§ Aim of the exercise
Which lines run from the line containing "-- identifier and" through the end of the records below? Reproduce them exactly, and nothing else.

§ The records
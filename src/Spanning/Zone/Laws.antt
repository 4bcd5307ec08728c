-- ===== src/Spanning/Zone/Laws.antt =====
-- librapidarchive/src/spanning.rs: what the operations of `DataZone` do to its three counts.
use rapidtar.Prelude.{
  ℕ, ◌+◌, ◌-◌, ◌≤◌, ◌<◌, min, max, ◌≡◌, none, some, arith, leb, if◌then◌else◌, u64_mod,
}
use rapidtar.Spanning.Zone.{
  PartialEq, DataZone, IsBalanced, new, for_resumption, slack_zone, write_through, write_buffered,
  write_committed, merge_zone,
}

module _ {ℓ} {P : Type ℓ} where
  pub new-IsBalanced : (p : P) → IsBalanced (new p)
  unfolding new
  new-IsBalanced p = omega arith

  pub for_resumption-IsBalanced :
      (p : P) (committed : ℕ) → committed < u64_mod → IsBalanced (for_resumption p committed)
  unfolding for_resumption
  for_resumption-IsBalanced p committed h = omega arith

  pub slack_zone-IsBalanced : IsBalanced (slack_zone {P = P})
  unfolding slack_zone
  slack_zone-IsBalanced = omega arith

  pub write_through-IsBalanced :
      (n : ℕ) (z : DataZone P)
      → IsBalanced z
      → z.length + n < u64_mod
      → IsBalanced (write_through n z)
  unfolding write_through
  write_through-IsBalanced n z v h = omega arith

  pub write_buffered-IsBalanced :
      (n : ℕ) (z : DataZone P)
      → IsBalanced z
      → z.length + n < u64_mod
      → IsBalanced (write_buffered n z)
  unfolding write_buffered
  write_buffered-IsBalanced n z v h = omega arith

  pub write_committed-IsBalanced :
      (n : ℕ) (z : DataZone P) → n < u64_mod → IsBalanced z → IsBalanced (write_committed n z).0
  unfolding write_committed
  write_committed-IsBalanced n z h v = ground arith

  pub uncommitted-write_buffered :
      (n : ℕ) (z : DataZone P)
      → IsBalanced z
      → z.length + n < u64_mod
      → (write_buffered n z).uncommitted_length ≡ z.uncommitted_length + n
  unfolding write_buffered
  uncommitted-write_buffered n z v h = omega arith

  pub uncommitted-write_committed :
      (n : ℕ) (z : DataZone P)
      → n < u64_mod
      → IsBalanced z
      → (write_committed n z).0.uncommitted_length ≡ z.uncommitted_length - n
  unfolding write_committed
  uncommitted-write_committed n z h v = ground arith

  pub overhang-write_committed :
      (n : ℕ) (z : DataZone P)
      → n < u64_mod
      → (write_committed n z).1
        ≡ (if leb n z.uncommitted_length then none else some (n - z.uncommitted_length))
  unfolding write_committed
  overhang-write_committed n z h = ground arith

  pub ident-write_committed : (n : ℕ) (z : DataZone P) → (write_committed n z).0.ident ≡ z.ident
  unfolding write_committed
  ident-write_committed n z = ground arith

  -- For a zone whose counts add up, and a word n: committing n bytes moves the smaller of n and
  -- the uncommitted count from the uncommitted to the committed count, leaves the identifier and
  -- the length, and returns None exactly when the zone held n bytes, else the excess.
  pub write_committed_lem :
      (n : ℕ) (z : DataZone P)
      → n < u64_mod
      → IsBalanced z
      → ((write_committed n z).0.length ≡ z.length)
        × ((write_committed n z).0.ident ≡ z.ident)
        × ((write_committed n z).0.committed_length
            ≡ z.committed_length + min n z.uncommitted_length)
        × ((write_committed n z).0.uncommitted_length ≡ z.uncommitted_length - n)
        × ((write_committed n z).1
            ≡ (if leb n z.uncommitted_length then none else some (n - z.uncommitted_length)))
  unfolding write_committed
  write_committed_lem n z h v = ground arith

  module _ ⦃e : PartialEq P⦄ where
    -- Two zones whose counts add up merge, when they merge, into one that has the first's
    -- identifier and whose counts add up; its uncommitted range starts no later and ends no
    -- earlier than that of either zone, and one of the two gives each end.
    pub merge_zone-covers :
        (z other : DataZone P) {m : DataZone P}
        → IsBalanced z
        → IsBalanced other
        → merge_zone z other ≡ some m
        → (m.ident ≡ z.ident)
          × IsBalanced m
          × (m.committed_length ≡ min z.committed_length other.committed_length)
          × (m.length ≡ max z.length other.length)
          × (z.uncommitted_length ≤ m.uncommitted_length)
          × (other.uncommitted_length ≤ m.uncommitted_length)
    unfolding merge_zone
    merge_zone-covers z other v w h = ground arith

§ Output below
    -- identifier and whose counts add up; its uncommitted range starts no later and ends no
    -- earlier than that of either zone, and one of the two gives each end.
    pub merge_zone-covers :
        (z other : DataZone P) {m : DataZone P}
        → IsBalanced z
        → IsBalanced other
        → merge_zone z other ≡ some m
        → (m.ident ≡ z.ident)
          × IsBalanced m
          × (m.committed_length ≡ min z.committed_length other.committed_length)
          × (m.length ≡ max z.length other.length)
          × (z.uncommitted_length ≤ m.uncommitted_length)
          × (other.uncommitted_length ≤ m.uncommitted_length)
    unfolding merge_zone
    merge_zone-covers z other v w h = ground arith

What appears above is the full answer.